[Collected data]
____________
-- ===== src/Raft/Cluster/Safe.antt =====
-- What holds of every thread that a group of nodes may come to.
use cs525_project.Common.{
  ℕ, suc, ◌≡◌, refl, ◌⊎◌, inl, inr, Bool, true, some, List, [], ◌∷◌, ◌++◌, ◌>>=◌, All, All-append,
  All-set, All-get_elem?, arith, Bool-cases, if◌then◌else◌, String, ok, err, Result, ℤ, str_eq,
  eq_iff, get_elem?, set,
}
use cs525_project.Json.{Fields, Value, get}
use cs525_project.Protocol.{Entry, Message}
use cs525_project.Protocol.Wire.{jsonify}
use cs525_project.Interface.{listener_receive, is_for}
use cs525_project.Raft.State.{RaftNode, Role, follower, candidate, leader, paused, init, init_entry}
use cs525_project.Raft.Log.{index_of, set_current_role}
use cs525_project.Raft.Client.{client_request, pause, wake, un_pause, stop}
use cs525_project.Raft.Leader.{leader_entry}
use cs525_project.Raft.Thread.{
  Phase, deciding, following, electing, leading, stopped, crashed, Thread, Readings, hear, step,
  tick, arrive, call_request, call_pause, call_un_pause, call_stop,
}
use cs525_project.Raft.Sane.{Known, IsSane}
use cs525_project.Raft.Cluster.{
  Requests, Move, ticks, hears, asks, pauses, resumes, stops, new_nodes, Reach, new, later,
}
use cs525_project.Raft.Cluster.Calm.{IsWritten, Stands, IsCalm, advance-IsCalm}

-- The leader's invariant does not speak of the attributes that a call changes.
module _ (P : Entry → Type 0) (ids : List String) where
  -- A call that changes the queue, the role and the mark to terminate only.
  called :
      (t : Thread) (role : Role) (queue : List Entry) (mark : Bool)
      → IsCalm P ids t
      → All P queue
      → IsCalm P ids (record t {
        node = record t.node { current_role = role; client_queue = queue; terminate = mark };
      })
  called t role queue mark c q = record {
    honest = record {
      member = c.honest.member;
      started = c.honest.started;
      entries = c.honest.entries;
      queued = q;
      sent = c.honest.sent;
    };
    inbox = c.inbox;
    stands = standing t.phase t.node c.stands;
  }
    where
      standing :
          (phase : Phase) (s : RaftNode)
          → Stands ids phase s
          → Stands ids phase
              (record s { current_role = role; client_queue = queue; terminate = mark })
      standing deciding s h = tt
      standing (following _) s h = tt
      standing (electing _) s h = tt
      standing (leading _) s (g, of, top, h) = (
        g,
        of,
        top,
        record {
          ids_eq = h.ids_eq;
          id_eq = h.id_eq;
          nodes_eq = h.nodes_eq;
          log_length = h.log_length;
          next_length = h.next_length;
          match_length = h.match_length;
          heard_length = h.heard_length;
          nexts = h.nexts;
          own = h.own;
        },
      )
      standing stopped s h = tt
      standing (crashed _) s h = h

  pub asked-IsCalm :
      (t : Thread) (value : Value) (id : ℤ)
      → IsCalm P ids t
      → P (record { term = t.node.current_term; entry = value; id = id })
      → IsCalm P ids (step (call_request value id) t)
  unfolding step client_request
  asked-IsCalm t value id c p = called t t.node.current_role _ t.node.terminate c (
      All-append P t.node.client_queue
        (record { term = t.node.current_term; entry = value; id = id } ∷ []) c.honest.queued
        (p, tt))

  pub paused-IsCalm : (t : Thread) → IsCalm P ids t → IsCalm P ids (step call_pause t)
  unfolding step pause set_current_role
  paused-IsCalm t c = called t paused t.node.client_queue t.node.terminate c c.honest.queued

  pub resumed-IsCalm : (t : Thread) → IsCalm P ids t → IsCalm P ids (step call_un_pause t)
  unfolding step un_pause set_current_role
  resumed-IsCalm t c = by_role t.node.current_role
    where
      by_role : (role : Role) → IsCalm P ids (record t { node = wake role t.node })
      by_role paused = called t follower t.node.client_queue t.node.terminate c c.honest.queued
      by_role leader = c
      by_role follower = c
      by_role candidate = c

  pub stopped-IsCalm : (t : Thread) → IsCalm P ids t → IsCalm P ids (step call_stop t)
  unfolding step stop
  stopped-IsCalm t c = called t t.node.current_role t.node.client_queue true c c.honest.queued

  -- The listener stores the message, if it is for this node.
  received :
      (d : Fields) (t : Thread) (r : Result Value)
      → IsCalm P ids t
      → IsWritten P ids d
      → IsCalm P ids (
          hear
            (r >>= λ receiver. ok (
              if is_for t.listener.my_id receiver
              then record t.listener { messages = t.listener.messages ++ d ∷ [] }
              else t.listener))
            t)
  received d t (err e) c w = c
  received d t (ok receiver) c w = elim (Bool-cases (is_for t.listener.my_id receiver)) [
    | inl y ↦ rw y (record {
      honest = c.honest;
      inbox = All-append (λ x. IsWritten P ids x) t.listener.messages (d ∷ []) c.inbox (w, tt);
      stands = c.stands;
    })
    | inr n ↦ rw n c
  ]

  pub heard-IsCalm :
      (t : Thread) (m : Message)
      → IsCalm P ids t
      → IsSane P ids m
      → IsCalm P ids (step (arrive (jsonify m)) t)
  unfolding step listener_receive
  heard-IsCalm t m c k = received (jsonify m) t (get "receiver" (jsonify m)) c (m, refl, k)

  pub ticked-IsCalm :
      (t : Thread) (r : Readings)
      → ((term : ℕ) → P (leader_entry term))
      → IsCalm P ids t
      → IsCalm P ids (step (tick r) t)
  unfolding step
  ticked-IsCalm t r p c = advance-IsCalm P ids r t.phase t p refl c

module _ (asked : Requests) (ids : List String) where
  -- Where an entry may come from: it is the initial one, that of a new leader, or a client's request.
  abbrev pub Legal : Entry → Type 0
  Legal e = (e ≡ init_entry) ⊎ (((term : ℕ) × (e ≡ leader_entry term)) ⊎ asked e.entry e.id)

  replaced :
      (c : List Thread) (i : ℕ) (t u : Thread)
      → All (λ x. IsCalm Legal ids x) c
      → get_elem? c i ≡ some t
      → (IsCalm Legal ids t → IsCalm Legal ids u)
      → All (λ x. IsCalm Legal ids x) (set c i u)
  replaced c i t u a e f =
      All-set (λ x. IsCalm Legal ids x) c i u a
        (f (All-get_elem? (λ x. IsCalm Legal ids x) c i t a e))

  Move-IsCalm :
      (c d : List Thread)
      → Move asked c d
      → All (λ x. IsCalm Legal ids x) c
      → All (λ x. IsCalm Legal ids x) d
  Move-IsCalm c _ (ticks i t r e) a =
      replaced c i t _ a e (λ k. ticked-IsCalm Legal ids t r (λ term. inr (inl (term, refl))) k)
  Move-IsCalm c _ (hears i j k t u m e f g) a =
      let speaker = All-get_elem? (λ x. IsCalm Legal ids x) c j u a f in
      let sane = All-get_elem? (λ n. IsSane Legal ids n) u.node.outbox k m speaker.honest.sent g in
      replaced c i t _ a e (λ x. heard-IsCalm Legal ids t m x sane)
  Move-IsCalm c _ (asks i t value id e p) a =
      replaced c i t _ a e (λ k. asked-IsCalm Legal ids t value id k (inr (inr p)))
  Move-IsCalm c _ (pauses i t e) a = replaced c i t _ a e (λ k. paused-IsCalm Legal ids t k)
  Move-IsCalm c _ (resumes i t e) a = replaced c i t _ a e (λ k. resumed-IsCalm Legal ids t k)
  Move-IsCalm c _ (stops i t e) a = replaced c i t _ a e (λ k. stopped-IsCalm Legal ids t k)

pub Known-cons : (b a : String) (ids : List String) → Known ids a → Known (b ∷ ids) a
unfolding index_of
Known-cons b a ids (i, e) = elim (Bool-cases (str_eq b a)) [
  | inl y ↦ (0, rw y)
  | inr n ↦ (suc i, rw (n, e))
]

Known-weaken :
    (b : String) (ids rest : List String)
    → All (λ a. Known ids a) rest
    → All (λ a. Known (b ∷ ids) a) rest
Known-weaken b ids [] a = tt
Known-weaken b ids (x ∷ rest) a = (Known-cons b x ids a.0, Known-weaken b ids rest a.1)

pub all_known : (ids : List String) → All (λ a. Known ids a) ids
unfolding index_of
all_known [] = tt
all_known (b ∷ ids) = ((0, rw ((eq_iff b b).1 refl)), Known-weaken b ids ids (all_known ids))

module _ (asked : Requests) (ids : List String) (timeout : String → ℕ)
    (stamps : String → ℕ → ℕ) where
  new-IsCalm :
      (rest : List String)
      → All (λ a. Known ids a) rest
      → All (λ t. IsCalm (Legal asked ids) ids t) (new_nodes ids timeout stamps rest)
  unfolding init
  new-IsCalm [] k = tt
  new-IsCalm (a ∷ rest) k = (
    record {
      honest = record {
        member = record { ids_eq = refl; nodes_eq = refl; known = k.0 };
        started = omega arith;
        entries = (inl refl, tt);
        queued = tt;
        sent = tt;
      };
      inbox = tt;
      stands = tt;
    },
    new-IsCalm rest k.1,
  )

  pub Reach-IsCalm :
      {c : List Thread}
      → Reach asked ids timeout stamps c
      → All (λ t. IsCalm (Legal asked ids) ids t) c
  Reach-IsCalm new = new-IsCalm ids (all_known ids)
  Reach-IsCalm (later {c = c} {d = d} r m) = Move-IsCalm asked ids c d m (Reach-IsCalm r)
____________
**Activity**
Beginning at the line with "(jsonify m)) t)" and ending at the line with "module _ (asked : Requests) (ids : List String) where", reproduce each line of the data above exactly, and add no other lines.

**Written solution**
      → IsCalm P ids (step (arrive (jsonify m)) t)
  unfolding step listener_receive
  heard-IsCalm t m c k = received (jsonify m) t (get "receiver" (jsonify m)) c (m, refl, k)

  pub ticked-IsCalm :
      (t : Thread) (r : Readings)
      → ((term : ℕ) → P (leader_entry term))
      → IsCalm P ids t
      → IsCalm P ids (step (tick r) t)
  unfolding step
  ticked-IsCalm t r p c = advance-IsCalm P ids r t.phase t p refl c

module _ (asked : Requests) (ids : List String) where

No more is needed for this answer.